Лейтенанты Ри дружно разинули рты.

— Девушку? Чего ради? Семья просто засыпает тебя ими, только ты и ловить не хочешь, — заметил Карил.

— Эта — особенная.

— Еще бы не особенная! Ты уже отказал почти всем красавицам в Калимекке.

Янф ухмыльнулся.

— Хотелось бы знать, что именно делает ее такой замечательной.

На этот вопрос Ри откровенно ответить не мог; не потому, что опасался доверить правду пятерым друзьям, а потому, что и сам не знал, в чем она заключается. Как объяснить им, что встреченная им вчера женщина из Семьи Галвеев проникла в самую суть его; что даже сейчас, когда ее нет рядом, он ощущает тепло ее тела, прикасавшегося к нему после схватки с бандитами… Как мог он объяснить им, что мысли его больше не принадлежат ему. Как объяснить, что, закрыв глаза и подумав о ней, он может непостижимым образом определить, где она находится и что чувствует… что сейчас, например, она разгневана из-за какой-то несправедливости и эта несправедливость непонятно отчего незримыми нитями связана и с ним, и с нею. Ри вздохнул.

— Она… такая, как я. Кроме того, она из Галвеев, поэтому мне не позволят взять ее, и поэтому наши хотят ее смерти.

Теперь уже все хмурились, не слишком-то одобряя его намерение вступить в борьбу с Семьей из-за женщины.

Янф спросил:

— И в чем же она похожа на тебя? Такая же безрассудная? Упрямая? Своевольная?

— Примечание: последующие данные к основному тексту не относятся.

-- ===== src/RepTester/Ending.antt =====
-- rep_tester/reptester.c: the round at which the loop of rep_tester ends, and what has been called by then.
use computer_enhance.Shared.{
  ℕ, zero, suc, ◌+◌, ◌*◌, ◌/◌, ◌%◌, ◌^◌, ◌<◌, ◌≡◌, ◌≢◌, refl, ap, ◌==◌, Bool, true, false,
  if◌then◌else◌, ltb, Option, none, some, ok, arith,
}
use computer_enhance.Profiler.Blocks.{elapsed}
use computer_enhance.Profiler.Frequency.{get_ms_from_cpu_ticks}
use computer_enhance.RepTester.{
  RepTesterConfig, Progress, callback, run_test, test_done, test_round, next_round, rep_loop,
  end_test, rep_tester,
}

-- The frequency that get_ms_from_cpu_ticks divides by.
abbrev pub known_freq : ℕ → ℕ → ℕ
known_freq guessed calculated_cpu_freq =
    if calculated_cpu_freq == 0 then guessed else calculated_cpu_freq

get_ms_from_cpu_ticks-known_freq :
    (guessed calculated freq ticks : ℕ)
    → known_freq guessed calculated ≡ freq
    → freq ≢ 0
    → get_ms_from_cpu_ticks guessed calculated ticks ≡ ok (ticks * 1000 % 2 ^ 64 / freq, freq)
unfolding get_ms_from_cpu_ticks
get_ms_from_cpu_ticks-known_freq guessed calculated freq ticks e known =
    let some_freq : (freq == 0) ≡ false = ground (arith, known) in rw (e, some_freq) refl

-- A callback of the test, which may be missing.
abbrev pub called : {Context : Type 0} → Option (Context → Context) → Context → Context
called none context = context
called (some f) context = f context

-- Whether the test is done: what the test says, or else whether its time is over.
abbrev pub answer :
    {Context : Type 0} → Option (Context → Bool × Context) → Bool → Context → Bool × Context
answer none is_over context = (is_over, context)
answer (some eval) is_over context = eval context

answer_lem :
    {Context : Type 0} (test_info : RepTesterConfig Context)
    (eval : Option (Context → Bool × Context)) (seconds : ℕ) (context : Context)
    → test_done test_info eval seconds context
      ≡ answer eval (ltb test_info.test_runtime_seconds seconds) context
unfolding test_done
answer_lem test_info none seconds context = refl
answer_lem test_info (some eval) seconds context = refl

called_lem :
    {Context : Type 0} (f : Option (Context → Context)) (context : Context)
    → callback f context ≡ called f context
called_lem none context = refl
called_lem (some f) context = refl

run_test_lem :
    {Context : Type 0} (test_info : RepTesterConfig Context) (context : Context)
    → run_test test_info context
      ≡ called test_info.test_teardown
          (called test_info.test_main (called test_info.test_setup context))
unfolding run_test
run_test_lem test_info context = simp called_lem

module _ {Context : Type 0} (test_info : RepTesterConfig Context) (freq test_start_ticks : ℕ)
    (ticks : ℕ → ℕ) where
  -- elapsed_seconds at the end of the k-th round
  abbrev pub seconds_at : ℕ → ℕ
  seconds_at k = elapsed (ticks k) test_start_ticks * 1000 % 2 ^ 64 / freq / 1000 % 2 ^ 32

  -- The k-th round's answer and context.
  unfoldable pub ended_at : ℕ → Context → Bool × Context
  ended_at k context =
      let after =
        called test_info.test_teardown
          (called test_info.test_main (called test_info.test_setup context)) in
      answer test_info.end_of_test_eval (ltb test_info.test_runtime_seconds (seconds_at k)) after

  -- The context before the k-th round.
  unfoldable pub context_at : ℕ → Context → Context
  context_at zero context = context
  context_at (suc k) context = (ended_at k (context_at k context)).1

  test_round-ended_at :
      (guessed k : ℕ) (s : Progress Context)
      → known_freq guessed s.calculated_cpu_freq ≡ freq
      → freq ≢ 0
      → test_round test_info guessed test_start_ticks (ticks k) s
        ≡ ok (
          (ended_at k s.context).0,
          record {
            context = (ended_at k s.context).1;
            rep_counter = s.rep_counter;
            calculated_cpu_freq = freq;
          },
        )
  unfolding test_round ended_at
  test_round-ended_at guessed k s e known =
      rw
        (
          get_ms_from_cpu_ticks-known_freq guessed s.calculated_cpu_freq freq
              (elapsed (ticks k) test_start_ticks) e known,
          answer_lem test_info test_info.end_of_test_eval (seconds_at k)
              (run_test test_info s.context),
          run_test_lem test_info s.context,
        )
        refl

  rep_loop-ends :
      (guessed left fuel k : ℕ) (context : Context) (calculated : ℕ)
      → known_freq guessed calculated ≡ freq
      → freq ≢ 0
      → left < fuel
      → k + left + 1 < 2 ^ 32
      → ((i : ℕ) → i < k + left → (ended_at i (context_at i context)).0 ≡ false)
      → (ended_at (k + left) (context_at (k + left) context)).0 ≡ true
      → rep_loop fuel test_info guessed test_start_ticks ticks k (record {
        context = context_at k context;
        rep_counter = k + 1;
        calculated_cpu_freq = calculated;
      })
        ≡ some (
            ok (record {
              context = context_at (suc (k + left)) context;
              rep_counter = k + left + 1;
              calculated_cpu_freq = freq;
            }))
  unfolding rep_loop next_round context_at
  rep_loop-ends guessed left zero k context calculated e known enough fits on last =
      absurd (omega arith)
  rep_loop-ends guessed zero (suc fuel) k context calculated e known enough fits on last =
      let same : k + 0 ≡ k = omega arith in
      let stop : (ended_at k (context_at k context)).0 ≡ true = rw (← same) last in
      rw
        (
          same,
          test_round-ended_at guessed k
              (record {
                context = context_at k context;
                rep_counter = k + 1;
                calculated_cpu_freq = calculated;
              })
              e known,
          stop,
        )
        refl
  rep_loop-ends guessed (suc left) (suc fuel) k context calculated e known enough fits on last =
      let go : (ended_at k (context_at k context)).0 ≡ false = on k (omega arith) in
      let moved : k + 1 + left ≡ k + suc left = omega arith in
      let counter : (k + 1 + 1) % 2 ^ 32 ≡ k + 1 + 1 = omega (arith, fits) in
      let after : (ended_at k (context_at k context)).1 ≡ context_at (k + 1) context =
        let next : k + 1 ≡ suc k = omega arith in rw next refl in
      let some_freq : known_freq guessed freq ≡ freq = ground (arith, known) in
      let rest =
        rep_loop-ends guessed left fuel (k + 1) context freq some_freq known (omega (arith, enough))
          (omega (arith, fits)) (rw moved on) (rw moved last) in
      rw
        (
          test_round-ended_at guessed k
              (record {
                context = context_at k context;
                rep_counter = k + 1;
                calculated_cpu_freq = calculated;
              })
              e known,
          go,
          counter,
          after,
          ← moved,
        )
        rest

  -- The loop ends with the first round whose answer is that the test is done. By then every round has run
  -- the test once, and rep_counter is the number of rounds; env_setup was called before the first round,
  -- env_teardown and print_stats are called after the last. There must be a frequency to divide by, and the
  -- counter does not wrap.
  pub rep_tester-ends :
      (guessed calculated n fuel : ℕ) (context : Context)
      → known_freq guessed calculated ≡ freq
      → freq ≢ 0
      → n < fuel
      → n + 1 < 2 ^ 32
      → ((i : ℕ)
          → i < n
          → (ended_at i (context_at i (called test_info.env_setup context))).0 ≡ false)
      → (ended_at n (context_at n (called test_info.env_setup context))).0 ≡ true
      → rep_tester fuel test_info guessed calculated test_start_ticks ticks context
        ≡ some (
            ok (record {
              context = called test_info.print_stats (
                  called test_info.env_teardown
                    (context_at (suc n) (called test_info.env_setup context)));
              rep_counter = n + 1;
              calculated_cpu_freq = freq;
            }))
  unfolding rep_tester end_test context_at
  rep_tester-ends guessed calculated n fuel context e known enough fits on last =
      let same : 0 + n ≡ n = omega arith in
      let ended =
        rep_loop-ends guessed n fuel 0 (called test_info.env_setup context) calculated e known
          enough (omega (arith, fits)) (rw same on) (rw same last) in
      ap (end_test test_info) (rw same at ended)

— Она — Карнея, — ответил Ри.

Молчание, последовавшее за этим откровением, по меньшей мере затянулось: лейтенанты Ри удивленно переглядывались между собой. Оно длилось и длилось — по мере того, как взгляды их обращались к нему.

— Карнея, — прошептал Янф. И вновь — молчание. Наконец Джейм сказал:

— Карнея — непростая девушка. Если мы ошибемся, она уничтожит нас. Я бы не вышел против тебя и с дюжиной вооруженных людей… едва ли она окажется слабее. Учитывая то, что сумела прожить так долго. — Он задержал в груди дыхание и с шумом выдохнул. — Единственная неосторожность… и все.